Many places, predominantly in France, have been named after French Resistance leader and hero Pierre Brossolette.

Summary 
More than 600 public places can be accounted for bearing the name of Pierre Brossolette, a top leader and hero of French Resistance, making it one of the top-20 most-featured all-time public names in France.  Most of them were inaugurated before 1964, in which period he was actually considered the most influential leader and the greatest hero of the wartime period. Accessorily, street inaugurations were systematically made, before Jean Moulin's Panthéon enthronement in 1964, according to the official government "tripartite" chart: Henri Honoré d'Estienne d'Orves (representing royalists and by extension the right-wing), Pierre Brossolette (socialists) and Gabriel Péri (communists).

Among these places, most are streets/squares distributed all over France, including overseas counties like La Réunion. 
The total count nears 500 (at least 490 actually) streets ranging from boulevards to cul-de-sacs, squares and greens, quays and bridges.

Also at least 76 schools, 27 venues (stadia, gyms, community centers), 8 estates/projects and 23 condominia can be counted, adding up to a minimum count of 624 places (not including building and street plaques, steles and monuments).

Streets and squares

By county
As of 2010, France counts 36 683 counties averaging an area of 14.88 km².

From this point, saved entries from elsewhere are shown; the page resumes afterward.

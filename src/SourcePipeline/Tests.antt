-- ===== src/SourcePipeline/Tests.antt =====
-- A small pipeline run: one page with one card, whose review passes.
use hll.Prelude.{
  zero, suc, ◌≤◌, ◌≡◌, refl, true, false, Option, none, some, List, [], ◌∷◌, arith, is_some, length,
  sort,
}
use hll.Exec.{ok, ◌>>=◌, for_each, try_except}
use hll.SourcePipeline.Model.{
  CardDraft, ReviewResult, WorkflowUnit, CardCandidate, JobQueueWebhookEvent, page_to_card, Tables,
  Services, State, accepted, update_row, client_error, candidate_at,
}
use hll.SourcePipeline.Webhook.{
  JobQueueWebhookPayload, record_event, event_named, wakeup_named, list_pending_events,
  mark_processed, mark_failed,
}
use hll.SourcePipeline.Webhook.Queue.{Sound, record_event_once, record_event-Sound}
use hll.SourcePipeline.Webhook.Marks.{
  mark_processed_outcome, mark_processed-Sound, mark_failed-Sound,
}
use hll.SourcePipeline.Runtime.Jobs.{
  ask_result, validated, review_passed, handoff_passed_candidate, read_candidate, read_unit,
  require_job_id, present, hand_off_card, write_candidate,
}
use hll.SourcePipeline.Runtime.Candidates.{
  ensure_initial_candidates, candidate_origins_for_unit, list_candidates_for_unit, add_missing,
  add_candidate, process_review_result, validate_review, validate_reason,
}
use hll.SourcePipeline.Runtime.Candidates.Twice.{ensure_initial_candidates_twice}
use hll.SourcePipeline.Runtime.Tick.{
  Settings, tick, process_pending_webhook_events, submit_missing_page_to_card_jobs, handle_event,
  process_webhook_event, process_accepted_job_result, unit_for_page_job, candidate_for_review_job,
  candidate_for_repair_job,
}
use hll.SourcePipeline.Runtime.Tick.Commit.{tick-Durable}
use hll.SourcePipeline.Runtime.Tick.Events.{process_pending_returns}
use hll.SourcePipeline.Runtime.Evolution.{AllEvolve, tick-AllEvolve}
use hll.SourcePipeline.Runtime.Handoffs.{handoffs, Marked, HandsOnce, tick-HandsOnce}

data Json : Type 0 where
  page review : Json

abbrev draft : CardDraft
draft = record { title = "Ring"; content = "A set with two operations." }

abbrev parse_cards : Json → Option (List CardDraft)
parse_cards page = some (draft ∷ [])
parse_cards review = none

abbrev parse_review : Json → Option ReviewResult
parse_review page = none
parse_review review = some (record { passed = true; reason = none })

abbrev services : Services Json
services = record {
  create = λ calls items. ok (record { index = 0; job_id = suc (length calls) } ∷ []);
  result = λ calls job_id.
      accepted (elim job_id [ zero ↦ page | suc n ↦ elim n [ zero ↦ page | suc _ ↦ review ] ]);
  hand_off = λ calls id card. ok tt;
  parse_source_unit = λ j. some (record {
    source_kind = "wiki";
    source_ref = "r";
    title = "t";
    content = "c";
    metadata = "";
  });
  parse_cards = parse_cards;
  parse_review = parse_review;
  blank = λ s. false;
}

abbrev candidate : CardCandidate
candidate = record {
  id = 1;
  workflow_unit_id = 1;
  parent_candidate_id = none;
  card_payload = draft;
  origin_step = page_to_card;
  origin_job_id = 1;
  origin_ordinal = 0;
  review_job_id = some 2;
  review_terminal_state = none;
  repair_job_id = none;
  repair_terminal_state = none;
  ingestion_handoff_done = false;
}

abbrev unit_row : WorkflowUnit Json
unit_row = record {
  id = 1;
  workflow_run_id = 1;
  source_kind = "wiki";
  source_ref = "r";
  payload = page;
  page_to_card_job_id = some 1;
  page_to_card_terminal_state = none;
}

abbrev tables_before : Tables Json
tables_before = record {
  units = unit_row ∷ [];
  candidates = candidate ∷ [];
  events = [];
  wakeups = [];
  next_candidate_id = 2;
  next_event_id = 1;
  next_wakeup_id = 1;
}

abbrev before : State Json
before = record {
  tables = tables_before;
  committed = tables_before;
  calls = [];
  last_reconcile_at = none;
}

abbrev accepted_review : JobQueueWebhookPayload
accepted_review = record {
  event_id = "e1";
  event_type = "result.accepted";
  job_id = 2;
  queue_name = "card_review";
  occurred_at = 5;
  submission_id = some 9;
  terminal_state = none;
}

abbrev recorded : State Json
recorded = (record_event accepted_review 6 before).1

-- The receiver commits.
abbrev notified : State Json
notified = record recorded { committed = recorded.tables }

abbrev settings : Settings
settings = record { poll_batch_size = 10; reconcile_interval = 3600; reconcile_batch_size = 10 }

found_c : candidate_at 1 before ≡ some candidate
found_c = refl

tick-AllEvolve_example : AllEvolve notified (tick services settings 7 notified).1
tick-AllEvolve_example = tick-AllEvolve services settings 7 notified

notified-Marked : Marked notified
unfolding record_event
notified-Marked = record { session = λ id. ground arith; committed = λ id. ground arith }

notified_clean : notified.committed ≡ notified.tables
notified_clean = refl

tick-HandsOnce_example : HandsOnce notified (tick services settings 7 notified)
tick-HandsOnce_example = tick-HandsOnce services settings 7 notified notified_clean notified-Marked

process_pending_returns_example :
    ((process_pending_webhook_events services settings 7 notified).0
      ≡ ok (length (list_pending_events 10 notified)))
    × (length (list_pending_events 10 notified) ≤ 10)
process_pending_returns_example = process_pending_returns services settings 7 notified

-- The tick processes the event: it returns, and the ingestion service accepted the card once.
tick_runs :
    ((tick services settings 7 notified).0 ≡ ok tt)
    × (handoffs 1 (tick services settings 7 notified).1.calls ≡ 1)
unfolding tick submit_missing_page_to_card_jobs process_pending_webhook_events list_pending_events
    handle_event process_webhook_event process_accepted_job_result unit_for_page_job
    candidate_for_review_job candidate_for_repair_job ask_result process_review_result
    validate_review validated validate_reason review_passed handoff_passed_candidate read_candidate
    present hand_off_card write_candidate update_row try_except for_each mark_processed sort
    record_event ◌>>=◌
tick_runs = (refl, refl)

tick-Durable_example :
    (tick services settings 7 notified).1.committed ≡ (tick services settings 7 notified).1.tables
tick-Durable_example = tick-Durable services settings 7 notified refl tick_runs.0

abbrev event : JobQueueWebhookEvent
event = record {
  id = 1;
  event_id = "e1";
  event_type = "result.accepted";
  job_id = 2;
  queue_name = "card_review";
  submission_id = some 9;
  terminal_state = none;
  occurred_at = 5;
  processed_at = none;
  last_error = none;
  created_at = 6;
  updated_at = 6;
}

first_delivery : record_event accepted_review 6 before ≡ (ok event, recorded)
unfolding record_event
first_delivery = refl

record_event_once_example : record_event accepted_review 60 recorded ≡ (ok event, recorded)
record_event_once_example =
    record_event_once accepted_review accepted_review 6 60 before recorded event first_delivery refl

before-Sound : Sound before
before-Sound = record { keyed = λ n e h. cc; fresh = tt; queued = λ n e h pending. cc }

record_event-Sound_example : Sound (record_event accepted_review 6 before).1
record_event-Sound_example = record_event-Sound accepted_review 6 before before-Sound

recorded_row : event_named "e1" recorded ≡ some event
unfolding record_event
recorded_row = refl

waiting : is_some (wakeup_named "e1" recorded) ≡ true
unfolding record_event
waiting = refl

mark_processed_outcome_example :
    ((mark_processed "e1" 7 recorded).0 ≡ ok tt)
    × (event_named "e1" (mark_processed "e1" 7 recorded).1
        ≡ some (record event { processed_at = some 7; last_error = none; updated_at = 7 }))
    × (wakeup_named "e1" (mark_processed "e1" 7 recorded).1 ≡ none)
mark_processed_outcome_example = mark_processed_outcome "e1" 7 recorded event recorded_row

mark_processed-Sound_example : Sound (mark_processed "e1" 7 recorded).1
mark_processed-Sound_example =
    mark_processed-Sound "e1" 7 recorded event recorded_row
      (record_event-Sound accepted_review 6 before before-Sound)

mark_failed-Sound_example : Sound (mark_failed "e1" (client_error "down") 7 recorded).1
mark_failed-Sound_example =
    mark_failed-Sound "e1" 7 recorded event recorded_row sound (client_error "down") waiting
  where
    sound : Sound recorded
    sound = record_event-Sound accepted_review 6 before before-Sound

-- A page result is processed twice.
abbrev new_page : State Json
new_page = record before { tables = record tables_before { candidates = [] } }

abbrev once : State Json
once = (ensure_initial_candidates services 1 page new_page).1

first_time : ensure_initial_candidates services 1 page new_page ≡ (ok tt, once)
unfolding ensure_initial_candidates validated read_unit present require_job_id for_each
    candidate_origins_for_unit list_candidates_for_unit sort add_missing add_candidate ◌>>=◌
first_time = refl

ensure_initial_candidates_twice_example :
    ensure_initial_candidates services 1 page once ≡ (ok tt, once)
ensure_initial_candidates_twice_example =
    ensure_initial_candidates_twice services 1 page new_page once first_time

Among top 500 counties in France
The top 500 populated counties account for a population of 26.5M (40% of the overall French population).

 Street/square count: 211
 County count: 199
 Population coverage: 52% (13.6M inhabitants)

In a nutshell, 1 out of 2 Frenchmen residing in a top 500 county will have that county featuring a street/square Pierre-Brossolette.

Remaining featured French counties

 Street/square count: 282
 County count: 272

By region/province
 Île-de-France's #1 Paris metropolitan area alone accounts for 127 counties featuring streets/squares Pierre-Brossolette.

Walloon county
 Seraing,  province of Liège, Belgium — Place (Square) Pierre-Brossolette

Totals
 Street/square count: 490

Obs.: at least 4 streets are double-counted as they border two counties: Montrouge (rank 128) / Malakoff (249), Draveil (284) / Vigneux-sur-seine (305), Villeneuve-le-Roi (503) / Ablon-sur-Seine (2 000), Pierrefitte-Nestalas (7 743) / Soulom (24 935). The count above is rectified accordingly.

 County count: 472
 Urban Area count: 148 out of 771 continental (19%) and 1 out of 21 overseas, totaling 149 out of 792 (18%)
 Département count: 81 out of 95 (continental) and 1 out of 5 (overseas), totaling 82 out of 100.

 Region count: 22 (all French regions except non-mainland Corsica, Martinique, Guadeloupe, Guyane and Mayotte)
 Population coverage: 24% (15.8M) of the overall French population (66.1M).

Schools 

Count: 76

Sports, leisure and cultural venues

Count: 27

Housing estates/projects
Cité Brossolette

Count: 8

Retirement/private condominia
Résidence Brossolette

Count: 23

Buildings with memorial plaques

Memorial steles
Saint-Saëns, Seine-Maritime (76), Normandie
Plogoff, Finistère (29), Bretagne

Harbor
Port Brossolette

Location: Narbonne-Plage, Narbonne County, Aude (10), Languedoc-Roussillon

The harbor features the:

Monument Pierre Brossolette Memorial
A unique aeolian memorial where 4 wind pipes would play the 4 chords of Beethoven's 5th symphony, in a reference to the BBC's Radio Londres opening. The pipes have been muted as the desert beach developed postwar into a balneary. The pipes have actually been stolen recently.